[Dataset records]
_ _ _ _ _ _ _

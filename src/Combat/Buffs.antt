-- ===== src/Combat/Buffs.antt =====
-- combat/buffs.go: the buff container, linked to an attribute set or to none. An instance id, the
-- sequence counter (uint64) and a buff id are numbers; ticks, stacks and rates are int64.
pub mod Specs
pub mod Removal
pub mod Sweeps
pub mod Grants
pub mod Valid
pub mod Restore
use roost_skill.Common.{
  ℕ, ◌+◌, ◌%◌, ◌^◌, Bool, true, false, if◌then◌else◌, ◌&&◌, ◌||◌, not, ◌++◌, List, [], ◌∷◌, Option,
  none, some, map, ◌==◌, leb, ltb, any, length, String,
}
use roost_skill.Common.Int.{ℤ, pos, ltb_ℤ, leb_ℤ, eqb_ℤ, add64, sub64, ◌≤ℤ◌}
use roost_skill.Combat.FixedMath.{
  basis_point_scale, saturating_add, saturating_mul, scale_basis_points, max_int64,
}
use roost_skill.Combat.Attributes.{Modifier, AttributeSet, grant, revoke}
use Specs.{
  BuffSpec, BuffInstance, BuffStackPolicy, refresh, extend, ignore, independent, unknown,
  BuffApplyOutcome, applied, stacked, refreshed, ignored, blocked_immune, contains_tag,
  scaled_modifiers,
}

pub record BuffContainer : Type 0 where
  pub sequence : ℕ
  pub active : List BuffInstance
  pub tenacity_bp : ℤ
  pub attributes : Option AttributeSet

abbrev pub new_buff_container : BuffContainer
new_buff_container = record { sequence = 0; active = []; tenacity_bp = pos 0; attributes = none }

abbrev pub grant_to : BuffInstance → List Modifier → Option AttributeSet → Option AttributeSet
grant_to i ms none = none
grant_to i [] (some set) = some set
grant_to i (m ∷ ms) (some set) = some (grant i.instance_id (scaled_modifiers i.stacks (m ∷ ms)) set)

unfoldable pub grant_modifiers : BuffInstance → Option AttributeSet → Option AttributeSet
grant_modifiers i attributes = grant_to i i.spec.modifiers attributes

abbrev pub revoke_from : ℕ → Option AttributeSet → Option AttributeSet
revoke_from id none = none
revoke_from id (some set) = some (revoke id set)

unfoldable pub grant_all : List BuffInstance → Option AttributeSet → Option AttributeSet
unfolding grant_modifiers
grant_all [] attributes = attributes
grant_all (i ∷ is) attributes = grant_all is (grant_modifiers i attributes)

unfoldable pub link_attributes : AttributeSet → BuffContainer → BuffContainer
unfolding grant_all
link_attributes set c = record c { attributes = grant_all c.active (some set) }

unfoldable pub set_tenacity_bp : ℤ → BuffContainer → BuffContainer
set_tenacity_bp bp c =
    let raised = if ltb_ℤ bp (pos 0) then pos 0 else bp in
    record c { tenacity_bp = if ltb_ℤ basis_point_scale raised then basis_point_scale else raised }

unfoldable pub effective_duration : BuffContainer → BuffSpec → ℤ
effective_duration c spec =
    if leb_ℤ spec.duration_ticks (pos 0)
    then pos 0
    else (let scaled =
          scale_basis_points spec.duration_ticks (sub64 basis_point_scale c.tenacity_bp) in
        let duration =
          if spec.tenacity_affected && ltb_ℤ (pos 0) c.tenacity_bp
          then if ltb_ℤ scaled (pos 1) then pos 1 else scaled
          else spec.duration_ticks in
        if ltb_ℤ (pos 0) spec.max_duration_ticks && ltb_ℤ spec.max_duration_ticks duration
        then spec.max_duration_ticks
        else duration)

unfoldable pub immune_to : List String → BuffContainer → Bool
unfolding contains_tag
immune_to tags c = any (λ i. any (contains_tag tags) i.spec.grants_immunity_to) c.active

-- The first active instance of a buff.
unfoldable pub find_buff : ℕ → List BuffInstance → Option BuffInstance
find_buff id [] = none
find_buff id (i ∷ is) = if i.spec.id == id then some i else find_buff id is

-- A write through the pointer to the first active instance of a buff.
unfoldable pub replace_buff : ℕ → BuffInstance → List BuffInstance → List BuffInstance
replace_buff id new [] = []
replace_buff id new (i ∷ is) = if i.spec.id == id then new ∷ is else i ∷ replace_buff id new is

-- The expiry after a re-application that is not ignored.
unfoldable pub renewed_due : BuffStackPolicy → ℤ → ℤ → ℤ → ℤ
renewed_due extend tick duration due =
    if ltb_ℤ (pos 0) duration
    then saturating_add (if eqb_ℤ due (pos 0) then tick else due) duration
    else due
renewed_due policy tick duration due =
    if ltb_ℤ (pos 0) duration then saturating_add tick duration else due

abbrev gains_stack : BuffSpec → BuffInstance → Bool
gains_stack spec i = ltb_ℤ i.stacks (max_int64 spec.max_stacks (pos 1))

-- The instance after a re-application that is not ignored.
unfoldable pub renewed : BuffSpec → ℤ → ℤ → ℤ → BuffInstance → BuffInstance
unfolding renewed_due
renewed spec tick source duration i = record i {
  due_tick = renewed_due spec.stack_policy tick duration i.due_tick;
  stacks = if gains_stack spec i then add64 i.stacks (pos 1) else i.stacks;
  spec = spec;
  source = source;
}

-- What Apply returns, and the container it leaves.
pub record Applied : Type 0 where
  pub container : BuffContainer
  pub instance_id : ℕ
  pub outcome : BuffApplyOutcome

unfoldable pub renew : BuffSpec → ℤ → ℤ → ℤ → BuffInstance → BuffContainer → Applied
unfolding renewed replace_buff grant_modifiers
renew spec tick source duration i c = record {
  container = record c {
    active = replace_buff spec.id new c.active;
    attributes = grant_modifiers new c.attributes;
  };
  instance_id = i.instance_id;
  outcome = if gains_stack spec i then stacked else refreshed;
}
  where
    new : BuffInstance
    new = renewed spec tick source duration i

unfoldable pub reapply :
    BuffStackPolicy → BuffSpec → ℤ → ℤ → ℤ → BuffInstance → BuffContainer → Applied
unfolding renew
reapply ignore spec tick source duration i c = record {
  container = c;
  instance_id = i.instance_id;
  outcome = ignored;
}
reapply policy spec tick source duration i c = renew spec tick source duration i c

unfoldable pub next_sequence : ℕ → ℕ
next_sequence n = (n + 1) % 2 ^ 64

-- Appends an instance under the next id of the sequence.
unfoldable pub append_instance : BuffInstance → BuffContainer → Applied
unfolding grant_modifiers next_sequence
append_instance i c = record {
  container = record c {
    sequence = next_sequence c.sequence;
    active = c.active ++ new ∷ [];
    attributes = grant_modifiers new c.attributes;
  };
  instance_id = next_sequence c.sequence;
  outcome = applied;
}
  where
    new : BuffInstance
    new = record i { instance_id = next_sequence c.sequence }

unfoldable pub new_instance : BuffSpec → ℤ → ℤ → ℤ → BuffInstance
new_instance spec tick source duration = record {
  instance_id = 0;
  spec = spec;
  stacks = pos 1;
  source = source;
  applied_tick = tick;
  due_tick = if ltb_ℤ (pos 0) duration then saturating_add tick duration else pos 0;
}

unfoldable pub create : BuffSpec → ℤ → ℤ → ℤ → BuffContainer → Applied
unfolding append_instance
create spec tick source duration c = append_instance (new_instance spec tick source duration) c

-- The instance that Apply merges with: none under BuffIndependent.
unfoldable pub merge_target : BuffStackPolicy → ℕ → List BuffInstance → Option BuffInstance
unfolding find_buff
merge_target independent id is = none
merge_target policy id is = find_buff id is

-- The loop of Apply over the active instances, by the instance that it meets.
unfoldable pub merge_or_create :
    BuffSpec → ℤ → ℤ → ℤ → BuffContainer → Option BuffInstance → Applied
unfolding reapply create
merge_or_create spec tick source duration c none = create spec tick source duration c
merge_or_create spec tick source duration c (some i) =
    reapply spec.stack_policy spec tick source duration i c

unfoldable pub apply : BuffSpec → ℤ → ℤ → BuffContainer → Applied
unfolding immune_to merge_target merge_or_create effective_duration
apply spec tick source c =
    if immune_to spec.tags c
    then record { container = c; instance_id = 0; outcome = blocked_immune }
    else merge_or_create spec tick source (effective_duration c spec) c
        (merge_target spec.stack_policy spec.id c.active)

-- Adopt injects a foreign instance under a fresh id.
unfoldable pub adopt : BuffInstance → BuffContainer → BuffContainer × ℕ
unfolding append_instance
adopt i c = let r = append_instance i c in (r.container, r.instance_id)
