-- ===== src/Combat/Buffs/Grants.antt =====
-- combat/buffs.go: what Apply does to the modifiers that an instance has granted.
use roost_skill.Common.{ℕ, false, List, [], ◌∷◌, Option, none, some, ◌≡◌, ◌≢◌, refl, ap, ◌∙◌, arith}
use roost_skill.Common.Int.{ℤ}
use roost_skill.Common.Maps.{lookup, insert, lookup-insert_self}
use roost_skill.Combat.Attributes.{
  Modifier, AttributeSet, grant, install, add_modifiers, add_modifier, notify, revoke,
}
use roost_skill.Combat.Buffs.Specs.{
  BuffInstance, BuffSpec, BuffStackPolicy, refresh, extend, ignore, independent, unknown,
  scaled_modifiers,
}
use roost_skill.Combat.Buffs.{
  BuffContainer, apply, reapply, renew, renewed, merge_target, find_buff, merge_or_create,
  grant_modifiers, immune_to, effective_duration,
}

-- A policy under which an instance is renewed.
abbrev pub Renews : BuffStackPolicy → Type 0
Renews policy = (policy ≢ ignore) × (policy ≢ independent)

reapply-Renews :
    (policy : BuffStackPolicy) (spec : BuffSpec) (now source duration : ℤ) (i : BuffInstance)
    (c : BuffContainer)
    → Renews policy
    → reapply policy spec now source duration i c ≡ renew spec now source duration i c
unfolding reapply
reapply-Renews refresh spec now source duration i c r = refl
reapply-Renews extend spec now source duration i c r = refl
reapply-Renews ignore spec now source duration i c r = elim (r.0 refl) [ ]
reapply-Renews independent spec now source duration i c r = elim (r.1 refl) [ ]
reapply-Renews (unknown n) spec now source duration i c r = refl

merge_target-Renews :
    (policy : BuffStackPolicy) (id : ℕ) (l : List BuffInstance)
    → Renews policy
    → merge_target policy id l ≡ find_buff id l
unfolding merge_target
merge_target-Renews refresh id l r = refl
merge_target-Renews extend id l r = refl
merge_target-Renews ignore id l r = refl
merge_target-Renews independent id l r = elim (r.1 refl) [ ]
merge_target-Renews (unknown n) id l r = refl

-- Apply over an active instance of the buff renews that instance.
apply-renew :
    (spec : BuffSpec) (now source : ℤ) (c : BuffContainer) (i : BuffInstance)
    → immune_to spec.tags c ≡ false
    → Renews spec.stack_policy
    → find_buff spec.id c.active ≡ some i
    → apply spec now source c ≡ renew spec now source (effective_duration c spec) i c
unfolding apply merge_or_create
apply-renew spec now source c i safe r e =
    rw (safe, merge_target-Renews spec.stack_policy spec.id c.active r, e)
      (reapply-Renews spec.stack_policy spec now source (effective_duration c spec) i c r)

add_modifiers-grants :
    (ms : List Modifier) (set : AttributeSet) → (add_modifiers ms set).grants ≡ set.grants
unfolding add_modifiers add_modifier notify
add_modifiers-grants [] set = refl
add_modifiers-grants (m ∷ ms) set = ground (arith, add_modifiers-grants ms (add_modifier m set))

install-lookup :
    (h : ℕ) (m : Modifier) (ms : List Modifier) (set : AttributeSet)
    → lookup h (install h (m ∷ ms) set).grants ≡ some (m ∷ ms)
unfolding install
install-lookup h m ms set =
    ap (lookup h)
      (add_modifiers-grants (m ∷ ms) (record set { grants = insert h (m ∷ ms) set.grants }))
    ∙ lookup-insert_self h (m ∷ ms) set.grants

-- The grant that a container's attribute set holds for an instance.
abbrev pub held_by : ℕ → Option AttributeSet → Option (List Modifier)
held_by h none = none
held_by h (some set) = lookup h set.grants

grant_modifiers-held_by :
    (i : BuffInstance) (set : AttributeSet) (m : Modifier) (ms : List Modifier)
    → i.spec.modifiers ≡ m ∷ ms
    → held_by i.instance_id (grant_modifiers i (some set))
      ≡ some (scaled_modifiers i.stacks (m ∷ ms))
unfolding grant_modifiers grant scaled_modifiers
grant_modifiers-held_by i set m ms e =
    rw e (install-lookup i.instance_id _ _ (revoke i.instance_id set))

-- Where Apply renews an active instance (the target is not immune, and the policy neither ignores
-- nor makes instances independent) by a spec that has modifiers, the grant of the instance in the
-- linked attribute set is then those modifiers times the new number of stacks.
pub apply-held_by :
    (spec : BuffSpec) (now source : ℤ) (c : BuffContainer) (i : BuffInstance) (set : AttributeSet)
    (m : Modifier) (ms : List Modifier)
    → immune_to spec.tags c ≡ false
    → Renews spec.stack_policy
    → find_buff spec.id c.active ≡ some i
    → c.attributes ≡ some set
    → spec.modifiers ≡ m ∷ ms
    → held_by i.instance_id (apply spec now source c).container.attributes
      ≡ some
          (scaled_modifiers (renewed spec now source (effective_duration c spec) i).stacks (m ∷ ms))
unfolding renew renewed effective_duration
apply-held_by spec now source c i set m ms safe r e a f =
    rw (apply-renew spec now source c i safe r e, a)
      (grant_modifiers-held_by (renewed spec now source (effective_duration c spec) i) set m ms f)

-- The grant of an instance whose spec has these modifiers: the former one, if there are none.
abbrev pub granted_by : List Modifier → ℤ → Option (List Modifier) → Option (List Modifier)
granted_by [] stacks before = before
granted_by (m ∷ ms) stacks before = some (scaled_modifiers stacks (m ∷ ms))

_ _ _ _ _ _ _

Count how many lines above hold the word "Specs", then reply with that number alone.

3